確かにこの原作のストーリーを映画の脚本にするのはとても難しいことだろう。松竹の記念映画ということで、「キネマの神様」という題名が一番売りだったのかも知れない。ギャンブルに明け暮れ、飲んだくれて、若い頃の挫折から立ち直れずに家族の重荷になっている歳をとった親父を、見捨てず支え続けた奥さんの家族愛の話になっていた。志村けんだから、馬鹿な親父をひょうきんに演じ、周りの人の温かさが、見る人の心を打つものになるだろうと考えられたのかも知れない。ただ私としては、沢田研二に代わったのなら、ジュリーと呼ばれ世を凌駕した大物ぶりを生かし、映画を愛する情熱の一本通った親父として周りの人を感動させる姿を見たかった気もするが。
原田マハさんの原作は、彼女の実体験が三分の一ほど入っていると何かで読んだ気がするが、本当に人間の内面をよく見つめたものだった。
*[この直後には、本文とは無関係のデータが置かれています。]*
-- ===== src/Cronx/Wall/Days.antt =====
-- nextDayIn finds the least day of the month, from a day on, that the expression admits.
use paceq.Base.{
  ℕ, zero, suc, ◌+◌, ◌-◌, ◌≤◌, ◌<◌, ◌≡◌, refl, sym, ◌∙◌, Bool, true, false, not, ◌&&◌, ◌||◌, Option,
  none, some, inl, inr, arith,
}
use paceq.Base.Tests.{if◌then◌else◌, ltb, leb, ◌==◌, Bool-cases, Option-cases}
use paceq.Base.Lists.{get_elem?}
use paceq.Cronx.Wall.{
  Compiled, last_day, search_ints, contains_int, day_matches, walk_days, walk_doms, next_day_in,
}
use paceq.Cronx.Wall.Sets.{In, search_least, search_none}

pub last_day_bounds : (y mo : ℕ) → (28 ≤ last_day y mo) × (last_day y mo ≤ 31)
unfolding last_day
last_day_bounds y mo = ground arith

pub day_matches_bounds :
    (c : Compiled) (y mo u : ℕ) → day_matches c y mo u ≡ true → (1 ≤ u) × (u ≤ last_day y mo)
unfolding day_matches
day_matches_bounds c y mo u h = ground arith

-- The answer `o` is the least day from `d` on that the expression admits, if there is one.
abbrev pub NextDay : Compiled → ℕ → ℕ → ℕ → Option ℕ → Type 0
NextDay c y mo d none = (u : ℕ) → d ≤ u → day_matches c y mo u ≡ false
NextDay c y mo d (some nd) =
    (d ≤ nd)
    × (day_matches c y mo nd ≡ true)
    × ((u : ℕ) → d ≤ u → day_matches c y mo u ≡ true → nd ≤ u)

-- A walk that has passed the last day has passed them all.
past_last : (c : Compiled) (y mo u : ℕ) → last_day y mo < u → day_matches c y mo u ≡ false
unfolding day_matches
past_last c y mo u h = ground arith

walk_days-NextDay :
    (c : Compiled) (y mo left dd : ℕ)
    → last_day y mo < dd + left
    → NextDay c y mo dd (walk_days c y mo left dd)
unfolding walk_days
walk_days-NextDay c y mo zero dd h = λ u le. past_last c y mo u (omega arith)
walk_days-NextDay c y mo (suc left) dd h =
    go (day_matches c y mo dd) refl (walk_days-NextDay c y mo left (dd + 1) (omega arith))
  where
    widen :
        (o : Option ℕ)
        → day_matches c y mo dd ≡ false
        → NextDay c y mo (dd + 1) o
        → NextDay c y mo dd o
    widen none e next = λ u le. elim (Bool-cases (dd == u)) [
      | inl same ↦ let s : dd ≡ u = ground arith in rw (sym s) e
      | inr other ↦ next u (ground arith)
    ]
    widen (some nd) e (le, m, least) = (
      omega arith,
      m,
      λ u le' m'. elim (Bool-cases (dd == u)) [
        | inl same ↦ let s : dd ≡ u = ground arith in absurd (cc)
        | inr other ↦ least u (ground arith) m'
      ],
    )

    go :
        (b : Bool)
        → day_matches c y mo dd ≡ b
        → NextDay c y mo (dd + 1) (walk_days c y mo left (dd + 1))
        → NextDay c y mo dd (if b then some dd else walk_days c y mo left (dd + 1))
    go true e next = (omega arith, e, λ u le m. le)
    go false e next = widen (walk_days c y mo left (dd + 1)) e next

-- Where the day of the week is free, the days of the month decide.
by_dom :
    (c : Compiled) (y mo u : ℕ)
    → c.dom_wild ≡ false
    → c.dow_wild ≡ true
    → 1 ≤ u
    → u ≤ last_day y mo
    → day_matches c y mo u ≡ contains_int c.doms u
unfolding day_matches
by_dom c y mo u e f h h' = ground arith

not_named :
    (c : Compiled) (y mo u : ℕ)
    → c.dom_wild ≡ false
    → c.dow_wild ≡ true
    → contains_int c.doms u ≡ false
    → day_matches c y mo u ≡ false
unfolding day_matches
not_named c y mo u e f h = ground arith

not_named_below :
    (c : Compiled) (y mo cand u : ℕ)
    → c.dom_wild ≡ false
    → c.dow_wild ≡ true
    → ltb (last_day y mo) cand ≡ true
    → (In c.doms u → cand ≤ u)
    → day_matches c y mo u ≡ false
not_named_below c y mo cand u e f far least = elim (Bool-cases (contains_int c.doms u)) [
  | inl m ↦ past_last c y mo u (ground (arith, least m))
  | inr m ↦ not_named c y mo u e f m
]

module _ (fuel : ℕ) (c : Compiled) (y mo dd : ℕ) where
  walk_missing :
      get_elem? c.doms (search_ints c.doms dd) ≡ none → walk_doms (suc fuel) c y mo dd ≡ none
  unfolding walk_doms
  walk_missing h = rw (walk_doms, h) refl

  walk_far :
      (cand : ℕ)
      → get_elem? c.doms (search_ints c.doms dd) ≡ some cand
      → ltb (last_day y mo) cand ≡ true
      → walk_doms (suc fuel) c y mo dd ≡ none
  unfolding walk_doms
  walk_far cand h far = rw (walk_doms, h, far) refl

  walk_near :
      (cand : ℕ)
      → get_elem? c.doms (search_ints c.doms dd) ≡ some cand
      → ltb (last_day y mo) cand ≡ false
      → day_matches c y mo cand ≡ true
      → walk_doms (suc fuel) c y mo dd ≡ some cand
  unfolding walk_doms
  walk_near cand h near m = rw (walk_doms, h, m, near) refl

  walk_doms-NextDay :
      c.dom_wild ≡ false
      → c.dow_wild ≡ true
      → 1 ≤ dd
      → NextDay c y mo dd (walk_doms (suc fuel) c y mo dd)
  walk_doms-NextDay e f h = elim (Option-cases (get_elem? c.doms (search_ints c.doms dd))) [
    | inl missing ↦
        rw (walk_missing missing)
          λ u le. not_named c y mo u e f (search_none c.doms dd u missing le)
    | inr (cand, at) ↦
        let least = search_least c.doms dd cand at in
        let bound = least.bound in
        elim (Bool-cases (ltb (last_day y mo) cand)) [
          | inl far ↦
              rw (walk_far cand at far)
                λ u le. not_named_below c y mo cand u e f far (least.least u le)
          | inr near ↦
              let here = by_dom c y mo cand e f (omega arith) (ground arith) ∙ least.member in
              rw (walk_near cand at near here) (
                bound,
                here,
                λ u le m.
                    let (low, high) = day_matches_bounds c y mo u m in
                    least.least u le (sym (by_dom c y mo u e f low high) ∙ m),
              )
        ]
  ]

every_day :
    (c : Compiled) (y mo u : ℕ)
    → (c.dom_wild && c.dow_wild) ≡ true
    → 1 ≤ u
    → u ≤ last_day y mo
    → day_matches c y mo u ≡ true
unfolding day_matches
every_day c y mo u e h h' = ground arith

pub next_day_in-NextDay :
    (c : Compiled) (y mo d : ℕ) → 1 ≤ d → NextDay c y mo d (next_day_in c y mo d)
unfolding next_day_in
next_day_in-NextDay c y mo d h =
    let last = last_day y mo in
    let walk = walk_days-NextDay c y mo (last + 1 - d) d (omega arith) in
    elim (Bool-cases (c.dom_wild && c.dow_wild)) [
      | inl both ↦ elim (Bool-cases (leb d last)) [
        | inl within ↦
            rw both
              (rw within (omega arith, every_day c y mo d both h (ground arith), λ u le m. le))
        | inr beyond ↦ rw both (rw beyond λ u le. past_last c y mo u (ground arith))
      ]
      | inr one ↦ elim (Bool-cases (c.dom_wild || not c.dow_wild)) [
        | inl by_day ↦ rw one (rw by_day walk)
        | inr by_name ↦
            rw one (rw by_name (walk_doms-NextDay 31 c y mo d (ground arith) (ground arith) h))
      ]
    ]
家族に疎まれるような老人が、ずっと愛し続けた映画の世界に向き合うことになり、自分らしい言葉で名画の魅力を発信することで自分の生き甲斐を改めて見つけていく。そしてアメリカのプロの映画評論家の心まで動かし、彼の閉ざした心の窓まで開けてしまう感動の物語だ。確かに歳をとってお荷物的存在になっても支えてくれる家族愛は大事。でも、原田マハさんが伝えたかったのは、自分の中に育んできた大切なものを輝かせる思いだったり、その思いが本物ならば世代を越え、国境を超えて心が響き合うという美しさだったりして、生きていることの素晴らしさに気づいてほしいということだったと思う。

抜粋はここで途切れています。